Exercise 9: Which variables in the data set could be considered to be directly related to the quality of life of persons? Could they be combined into an index? Are some parts of what you would consider quality of life not represented in the census questions?

Exercise 10: Intelligent use of census and survey data requires that a user of the data be sensitive to factors that influence the quality of the responses and reported data. Look at two tabulations from the 2006 ACS data. Tabulate TRANTIME for people who report that they are employed using EMPSTAT=1 to select people who are employed. Does anything look peculiar about the results? Then do the same for INCTOT over the range of incomes from $40,000-41,000. What is different about this tabulation? What might account for the difference?

Note and compare where the counts tend to heap in the two tabulations.

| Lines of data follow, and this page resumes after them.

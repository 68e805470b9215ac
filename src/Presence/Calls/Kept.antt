-- ===== src/Presence/Calls/Kept.antt =====
-- workers/presence/src/index.ts: properties that every write of the handlers keeps.
use nexnet.Common.{
  ite, text_discrete, ℕ, ◌≡◌, refl, arith, Bool, true, none, some, List, [], ◌∷◌, Text, Result, ok,
  err, Option-cases, inl, inr,
}
use nexnet.Common.Map
use nexnet.Common.Map.{Map, text_key, object_key, get-set, get-delete}
use nexnet.Presence.State.{
  PresenceLeaseData, PrekeyBundleData, lease, bundle, lease_key, prekey_key, Update, online,
  offline, Tracker, Refusal,
}
use nexnet.Presence.Tracker.{
  broadcast, broadcast_each, keep_lease, drop_lease, drop_prekey, claim_issued_at,
  handle_remove_checked,
}
use nexnet.Presence.Storage.{PassedOver}
use nexnet.Presence.Calls.{answered}

-- The same maps and the same storage.
pub record SameTables (t u : Tracker) : Type 0 where
  pub leases : u.leases ≡ t.leases
  pub prekeys : u.prekeys ≡ t.prekeys
  pub storage : u.storage ≡ t.storage

pub broadcast_each-SameTables :
    (broken : ℕ → Bool) (to : List (ℕ × Unit {0})) (update : Update) (t : Tracker)
    → SameTables t (broadcast_each broken to update t)
unfolding broadcast_each
broadcast_each-SameTables broken [] update t = record {
  leases = refl;
  prekeys = refl;
  storage = refl;
}
broadcast_each-SameTables broken (ws ∷ to) update t = ground (
  arith,
  broadcast_each-SameTables broken to update
      (record t { subscriptions = Map.delete t.subscriptions ws.0 }),
  broadcast_each-SameTables broken to update (record t { sent = (ws.0, update) ∷ t.sent }),
)

pub answered-state : {A : Type 0} (r : Tracker × Result Refusal A) → (answered r).0 ≡ r.0
answered-state (t, ok a) = refl
answered-state (t, err e) = refl

-- The lease of another identity and every prekey bundle stay.
pub keep_lease-others :
    (broken : ℕ → Bool) (l : PresenceLeaseData) (t : Tracker) (j : Text)
    → (Map.get (keep_lease broken l t).leases j
        ≡ ite (text_discrete l.identity j) (some l) (Map.get t.leases j))
      × ((keep_lease broken l t).prekeys ≡ t.prekeys)
unfolding keep_lease broadcast
keep_lease-others broken l t j =
    let kept : Tracker = record t {
      leases = Map.set t.leases l.identity l;
      storage = Map.set t.storage (lease_key l.identity) (lease l);
      cleaning = true;
    } in
    let after =
      broadcast_each-SameTables broken t.subscriptions (online l.identity l.expires_at) kept in
    ground (arith, after.leases, after.prekeys, get-set t.leases l.identity j l)

pub remove_checked-others :
    (broken : ℕ → Bool) (id : Text) (t : Tracker) (j : Text)
    → (Map.get (handle_remove_checked broken id t).0.leases j
        ≡ ite (text_discrete id j) none (Map.get t.leases j))
      × ((handle_remove_checked broken id t).0.prekeys ≡ t.prekeys)
unfolding handle_remove_checked broadcast drop_lease
remove_checked-others broken id t j = elim (Option-cases (Map.get t.leases id)) [
  | inl e ↦ ground (arith, e)
  | inr (l, e) ↦
      let after = broadcast_each-SameTables broken t.subscriptions (offline id) (drop_lease id t) in
      ground (arith, e, after.leases, after.prekeys, get-delete t.leases id j)
]

-- A property that the writes to maps and storage keep, each as the handlers do them.
pub record Keeps (P : Tracker → Type 0) : Type 1 where
  pub same_tables : (t u : Tracker) → SameTables t u → P t → P u
  pub claims :
      (key : Text) (n now : ℕ) (t u : Tracker)
      → PassedOver key
      → claim_issued_at key n now t ≡ some u
      → P t
      → P u
  pub puts_lease :
      (t : Tracker)
      → P t
      → (l : PresenceLeaseData)
      → P (record t {
        leases = Map.set t.leases l.identity l;
        storage = Map.set t.storage (lease_key l.identity) (lease l);
      })
  pub drops_lease : (t : Tracker) → P t → (id : Text) → P (drop_lease id t)
  pub puts_bundle :
      (t : Tracker)
      → P t
      → (b : PrekeyBundleData)
      → P (record t {
        prekeys = Map.set t.prekeys b.identity b;
        storage = Map.set t.storage (prekey_key b.identity) (bundle b);
      })
  pub drops_prekey : (t : Tracker) → P t → (id : Text) → P (drop_prekey id t).0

Exercise 11: What are the characteristics of married-couple households where the wife earns more than the husband or where the wife has higher education than the husband? Suggestion: Use the SPOUSE custom item to select households where the wife earns more than the husband. Your Universe/Selection might be: Y2K=2006 & HHTYPE=1 & (RELATE=1 | RELATE=2) & SEX=1 & SPOUSE(INCWAGE)<999999 & INCWAGE

Why does the selection include (RELATE=1 | RELATE=2) and SPOUSE(INCWAGE)<999999? Whose occupations are we tabulating if we execute this query?

Note that in relatively complex setups such as this one, it is usually wise to run variations on the query to verify that we are getting what we think we are getting. What might we look at to confirm that our selection is correct?

Exercise 12: Tabulate POVERTY/100 by state (STATEFIP). Then “export” the result to save it to a file and subsequently load it into an Excel spreadsheet. Use the “Export” option under the File menu.

Hint: Set “Show Commas” off under the results option menu so suppress the display of commas in the results.

Exercise 13: Tabulate the first two RELATE categories (RELATE:1..2) by SEX for married couple households (HHTYPE=1). We might expect the counts on the diagonal of this table to be equal, i.e., for each married male head, there should be a female spouse and for each married female head, there should be a male spouse. Why aren’t the counts equal?

Exercise 14: Use the case statement to collapse VEHICLES into categories of None, 1, 2, and 3 or more vehicles available. Then tabulate by state. Which states have the fewest vehicles per household? Which the most?

Try the following: CASE(VEHICLES=9,0,VEHICLES=1,1,VEHICLES=2,2,3) as the column expression. To assign labels to the numeric codes, use the “Construct Custom Item/Recode” option under the “Query” tab.